Standalone tools for understanding codebases, reviewing risky changes, finding documentation drift, and verifying dependency provenance.
- repo-brief — orientation layer for unfamiliar repos: architecture map, key files, hotspots, run commands, and where to start.
- project-autopsy — evidence-backed autopsy reports for stale repositories, over a deterministic, CI-tested core; CLI plus a Next.js report UI.
- docs-debt-radar — scans repositories for stale, missing, and drifting documentation claims.
- overreach — Rust capability scanner for diffs, files, and repos: network calls, subprocesses, sensitive-file reads,
curl | sh, disabled TLS, hardcoded secrets. - tofulock — Go. Locks and verifies Terraform/OpenTofu module sources by commit digest.
- cpan-integ — Perl. Consumer-side, install-time artifact-hash verification for CPAN distributions. Experimental.
- timecal — cross-agent time-calibration corpus served over MCP, countering the engineer-weeks prior agents inherit. On PyPI.
Conservative decision-support tools — not diagnosis, not treatment recommendation. Each one exposes its inputs, the rules that fired, confidence limits, and the raw evidence, so a human stays in the loop on every call.

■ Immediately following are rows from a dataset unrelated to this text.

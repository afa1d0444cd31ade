-- ===== src/OpenAi.antt =====
-- provider/openaicompat/openaicompat.go: the streamed tool calls that parseStream assembles. A call is
-- a pointer of the source: here its position in `calls`, which `by_index` and `latest` keep. They are
-- cleared together with `calls`, so that no position outlives its call. A tool's input is its JSON as
-- text; what it decodes to is not followed.
pub mod Parse
pub mod Ending
pub mod Pending
pub mod Inputs
pub mod Assembly
use rho_llm.Base.{
  ℕ, zero, suc, ◌+◌, ◌-◌, Text, text_eq, is_empty, Bool, true, false, ◌&&◌, not, Option, none, some,
  List, [], ◌∷◌, ◌++◌, length, ltb, if◌then◌else◌, ℤ, get_elem?, set,
}
use rho_llm.Errors.{GoError}
use rho_llm.Stream.Terminal.{behind, bind, too_long}
use rho_llm.Anthropic.{int_eq}

-- openaiToolCall, as a delta of the stream carries it.
pub record ToolDelta : Type 0 where
  pub index : Option ℤ
  pub id : Text
  pub name : Text
  pub arguments : Text

-- A yield.
pub data ChatEmit : Type 0 where
  content thinking : Text → ChatEmit
  tool_use : Text → Text → Text → ChatEmit
  done : Text → Text → ℤ → ℤ → ℤ → ChatEmit
  error_item : GoError → ChatEmit

-- streamingCall.
pub record StreamingCall : Type 0 where
  pub id : Text
  pub name : Text
  pub args : Text
  pub emitted : Bool

-- calls, byIndex, latest, pendingBytes and emittedToolCall.
pub record Assembling : Type 0 where
  pub calls : List StreamingCall
  pub by_index : ℤ → Option ℕ
  pub latest : Option ℕ
  pub pending_bytes : ℕ
  pub emitted_tool_call : Bool

abbrev pub no_index : ℤ → Option ℕ
no_index i = none

abbrev pub assembling : Assembling
assembling = record {
  calls = [];
  by_index = no_index;
  latest = none;
  pending_bytes = 0;
  emitted_tool_call = false;
}

-- emitCall, less its write of `emitted`. pendingBytes counts the arguments of every call that is not
-- emitted, so that the subtraction does not stop at 0.
unfoldable pub give_call : StreamingCall → Assembling → List ChatEmit × Assembling
give_call c a = if c.emitted then ([], a) else (
  tool_use c.id c.name c.args ∷ [],
  record a { pending_bytes = a.pending_bytes - length c.args; emitted_tool_call = true },
)

-- emitCall on the call at a position.
unfoldable pub emit_at : Option StreamingCall → ℕ → Assembling → List ChatEmit × Assembling
emit_at none k a = ([], a)
emit_at (some c) k a =
    let (emits, now) = give_call c a in
    (emits, record now { calls = set now.calls k (record c { emitted = true }) })

unfoldable pub emit_call : ℕ → Assembling → List ChatEmit × Assembling
emit_call k a = emit_at (get_elem? a.calls k) k a

unfoldable pub give_all : List StreamingCall → Assembling → List ChatEmit × Assembling
give_all [] a = ([], a)
give_all (c ∷ cs) a =
    let (emits, now) = give_call c a in
    let (rest, after) = give_all cs now in (emits ++ rest, after)

-- emitAll, which forgets every call, so that `emitted` need not be written first.
unfoldable pub emit_all : Assembling → List ChatEmit × Assembling
emit_all a =
    let (emits, now) = give_all a.calls a in
    (emits, record now { calls = []; by_index = no_index; latest = none })

abbrev pub new_call : ToolDelta → StreamingCall
new_call tc = record { id = tc.id; name = tc.name; args = []; emitted = false }

-- startCall, whose call stands at the end.
abbrev pub start_call : ToolDelta → Assembling → Assembling
start_call tc a = record a { calls = a.calls ++ (new_call tc ∷ []) }

abbrev pub point_index : ℤ → ℕ → Assembling → Assembling
point_index i k a = record a { by_index = λ j. if int_eq i j then some k else a.by_index j }

-- Whether the delta is of another call than the one its index stands for.
abbrev pub reuses : ToolDelta → Option StreamingCall → Bool
reuses tc none = false
reuses tc (some c) = not (is_empty tc.id) && (not (is_empty c.id) && not (text_eq tc.id c.id))

-- What a delta does before its arguments, and the position of its call, if it has one.
abbrev pub Found : Type 0
Found = List ChatEmit × Assembling × Option ℕ

-- A new call for an index, behind what has been yielded.
unfoldable pub start_at : List ChatEmit → ℤ → ToolDelta → Assembling → Found
start_at emits i tc a =
    (emits, point_index i (length a.calls) (start_call tc a), some (length a.calls))

-- The case of a delta with an index, by what byIndex has for it.
unfoldable pub find_indexed : Option ℕ → ℤ → ToolDelta → Assembling → Found
find_indexed none i tc a = start_at [] i tc a
find_indexed (some k) i tc a =
    if reuses tc (get_elem? a.calls k)
    then (let (emits, now) = emit_call k a in start_at emits i tc now)
    else ([], a, some k)

-- The switch over the cases of a delta, by its index.
unfoldable pub find_call : Option ℤ → ToolDelta → Assembling → Found
find_call (some i) tc a = find_indexed (a.by_index i) i tc a
find_call none tc a =
    if is_empty tc.id
    then ([], a, a.latest)
    else (let (emits, now) = emit_all a in (emits, start_call tc now, some (length now.calls)))

abbrev pub or_new : Text → Text → Text
or_new old new = if is_empty old then new else old

-- The call with what the delta adds to it.
abbrev pub filled : ToolDelta → StreamingCall → StreamingCall
filled tc c = record c {
  id = or_new c.id tc.id;
  name = or_new c.name tc.name;
  args = c.args ++ tc.arguments;
}

abbrev pub continue_at : ℕ → ToolDelta → Option StreamingCall → Assembling → Assembling
continue_at k tc none a = a
continue_at k tc (some c) a = record a {
  calls = set a.calls k (filled tc c);
  latest = some k;
  pending_bytes = a.pending_bytes + length tc.arguments;
}

-- Whether the arguments of a delta are too long, with those that are pending.
abbrev pub exceeds : ℕ → ToolDelta → Assembling → Bool
exceeds max_tool_input tc a =
    not (is_empty tc.arguments) && ltb max_tool_input (a.pending_bytes + length tc.arguments)

module _ (max_tool_input : ℕ) where
  -- The rest of the loop's body, on the call that was found. On an error it returns.
  unfoldable pub continue_call :
      Option ℕ → ToolDelta → Assembling → List ChatEmit × Option Assembling
  continue_call none tc a = ([], some a)
  continue_call (some k) tc a =
      if exceeds max_tool_input tc a
      then (error_item (too_long max_tool_input) ∷ [], none)
      else ([], some (continue_at k tc (get_elem? a.calls k) a))

  -- One round of the loop over the deltas of a chunk.
  unfoldable pub add_delta : ToolDelta → Assembling → List ChatEmit × Option Assembling
  add_delta tc a =
      let (emits, now, found) = find_call tc.index tc a in behind emits (continue_call found tc now)

  unfoldable pub add_deltas : List ToolDelta → Assembling → List ChatEmit × Option Assembling
  add_deltas [] a = ([], some a)
  add_deltas (tc ∷ tcs) a = bind (add_delta tc a) (add_deltas tcs)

- fit-ontology — trainer-facing client intelligence: unifies wearables, intake, and ACSM guidelines into a queryable model with explainable rules traceable back to the metric rows that fired them.
- recovery-trail — athlete-facing recovery briefing from an Apple Health export. Runs 100% client-side; shows HRV, RHR, sleep, load, ACSM-aligned verdicts, and rule traces. Live demo.

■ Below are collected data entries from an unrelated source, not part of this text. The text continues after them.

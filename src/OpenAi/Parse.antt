-- ===== src/OpenAi/Parse.antt =====
-- provider/openaicompat/openaicompat.go: splitPrompt, normalizeStopReason and parseStream, as a list
-- of what it yields.
use rho_llm.Base.{
  ℕ, ◌-◌, Text, text, text_eq, is_empty, Bool, true, false, ◌&&◌, not, Option, none, some, List, [],
  ◌∷◌, ◌++◌, if◌then◌else◌, ℤ, pos, negsuc, leb, pos_part,
}
use rho_llm.Errors.{GoError, sentinel, wrapped, unexpected_eof}
use rho_llm.Stream.Terminal.{behind, bind}
use rho_llm.OpenAi.{
  ToolDelta, ChatEmit, thinking, done, error_item, Assembling, assembling, emit_all, add_deltas,
}

-- A choice of a chunk, with its delta.
pub record Choice : Type 0 where
  pub reasoning_content : Text
  pub reasoning : Text
  pub content : Text
  pub tool_calls : List ToolDelta
  pub finish_reason : Text

-- The usage of a chunk.
pub record ChatUsage : Type 0 where
  pub prompt_tokens : ℤ
  pub completion_tokens : ℤ
  pub cached_tokens : ℤ

-- A line: one without data, the marker of the end, one that does not parse, or a chunk.
pub data ChatEvent : Type 0 where
  skipped done_line : ChatEvent
  malformed : GoError → ChatEvent
  chunk : List Choice → Option ChatUsage → ChatEvent

-- max(n, 0) is `pos_part`, and the minimum of two numbers that are not negative is one of them.
abbrev pub split_prompt : ℤ → ℤ → ℤ × ℤ
split_prompt prompt_tokens cached_tokens =
    let prompt = pos_part prompt_tokens in
    let cached = if leb (pos_part cached_tokens) prompt then pos_part cached_tokens else prompt in
    (pos (prompt - cached), pos cached)

abbrev pub stop_reason_of : Text → Text
stop_reason_of reason =
    if text_eq reason (text "stop")
    then text "end_turn"
    else if text_eq reason (text "tool_calls")
    then text "tool_use"
    else if text_eq reason (text "length")
    then text "max_tokens"
    else if text_eq reason (text "content_filter")
    then text "refusal"
    else reason

-- The variables of parseStream.
pub record ChatState : Type 0 where
  pub finish_reason : Text
  pub raw_finish_reason : Text
  pub input_tokens : ℤ
  pub output_tokens : ℤ
  pub cache_read_tokens : ℤ
  pub tools : Assembling

-- Before the first line: -1 is TokensNotReported.
abbrev pub chat_state : ChatState
chat_state = record {
  finish_reason = [];
  raw_finish_reason = [];
  input_tokens = negsuc 0;
  output_tokens = negsuc 0;
  cache_read_tokens = pos 0;
  tools = assembling;
}

abbrev pub with_usage : Option ChatUsage → ChatState → ChatState
with_usage none s = s
with_usage (some u) s =
    let (input, cache_read) = split_prompt u.prompt_tokens u.cached_tokens in
    record s {
      input_tokens = input;
      cache_read_tokens = cache_read;
      output_tokens = u.completion_tokens;
    }

abbrev pub reasoning_delta : Choice → Text
reasoning_delta c = if is_empty c.reasoning_content then c.reasoning else c.reasoning_content

-- The reasoning and the content of a choice.
unfoldable pub deltas : Choice → List ChatEmit
deltas c =
    (if is_empty (reasoning_delta c) then [] else thinking (reasoning_delta c) ∷ [])
    ++ (if is_empty c.content then [] else ChatEmit.content c.content ∷ [])

-- The capture of a finish reason.
unfoldable pub capture : Text → ChatState → List ChatEmit × ChatState
capture reason s =
    if is_empty reason
    then ([], s)
    else (let (emits, now) = emit_all s.tools in
        (
          emits,
          record s {
            finish_reason = stop_reason_of reason;
            raw_finish_reason = reason;
            tools = now;
          },
        ))

-- The first choice of a chunk.
unfoldable pub on_choice : ℕ → Choice → ChatState → List ChatEmit × Option ChatState
on_choice max_tool_input c s = behind (deltas c) (
    bind (add_deltas max_tool_input c.tool_calls s.tools) (λ now.
      let (last, s') = capture c.finish_reason (record s { tools = now }) in (last, some s')))

-- The stop reason after the loop.
unfoldable pub final_reason : Bool → ChatState → Text
final_reason saw_done s =
    if is_empty s.finish_reason && saw_done
    then (if s.tools.emitted_tool_call then text "tool_use" else text "end_turn")
    else s.finish_reason

abbrev pub ends_loop : ChatEvent → Bool
ends_loop done_line = true
ends_loop _ = false

abbrev pub then_chat : Option ChatState → (ChatState → List ChatEmit) → List ChatEmit
then_chat none next = []
then_chat (some s) next = next s

module _ (provider_name : Text) (max_tool_input : ℕ) where
  -- One round of the loop. The marker of the end leaves it: see `parse_chat_from`.
  unfoldable pub chat_step : ChatState → ChatEvent → List ChatEmit × Option ChatState
  chat_step s skipped = ([], some s)
  chat_step s done_line = ([], some s)
  chat_step s (malformed e) =
      if not (is_empty s.finish_reason)
      then ([], some s)
      else (error_item (wrapped (text "malformed SSE event from " ++ provider_name) e) ∷ [], some s)
  chat_step s (chunk [] usage) = ([], some (with_usage usage s))
  chat_step s (chunk (c ∷ cs) usage) = on_choice max_tool_input c (with_usage usage s)

  -- After the loop, with whether the server sent the marker of the end and scanner.Err().
  unfoldable pub chat_ended : Bool → Option GoError → ChatState → List ChatEmit
  chat_ended saw_done read_error s =
      let (emits, now) = emit_all s.tools in
      let reason = final_reason saw_done (record s { tools = now }) in
      emits
      ++ (if not (is_empty reason)
          then done reason s.raw_finish_reason s.input_tokens s.output_tokens s.cache_read_tokens
            ∷ []
          else elim read_error [
            | some e ↦ error_item (wrapped (text "stream error") e) ∷ []
            | none ↦
                error_item (
                  wrapped (provider_name ++ text ": stream ended without completion")
                    (sentinel unexpected_eof))
                ∷ []
          ])

  -- parseStream from a state on. `read_error` is scanner.Err() when there are no more lines.
  unfoldable pub parse_chat_from : Option GoError → ChatState → List ChatEvent → List ChatEmit
  parse_chat_from read_error s [] = chat_ended false read_error s
  parse_chat_from read_error s (ev ∷ evs) =
      let (emits, after) = chat_step s ev in
      if ends_loop ev
      then chat_ended true none s
      else emits ++ then_chat after (λ s'. parse_chat_from read_error s' evs)

  unfoldable pub parse_chat : Option GoError → List ChatEvent → List ChatEmit
  parse_chat read_error evs = parse_chat_from read_error chat_state evs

- nutrition-experiment-lab — personal n-of-1 nutrition experiment notebook with adherence tracking, confounder notes, confidence, and transparent next-test suggestions.
- injury-return-to-play-tracker — clinician- and coach-facing workflow for phase progress, functional-test evidence, workload tolerance, and human clearance decisions.
- academic-load-burnout-monitor — student workload planner with explainable pressure signals, check-ins, and recovery-aware next actions.
- Deterministic first — the important decisions are reproducible and inspectable, not model-dependent.
- Local-only when possible — tools run on your machine; no data leaves it unless you opt in.
- Evidence-backed reports — every verdict traces back to the inputs, rules, and lines that produced it.
- No LLM in governance decision paths unless explicitly opt-in.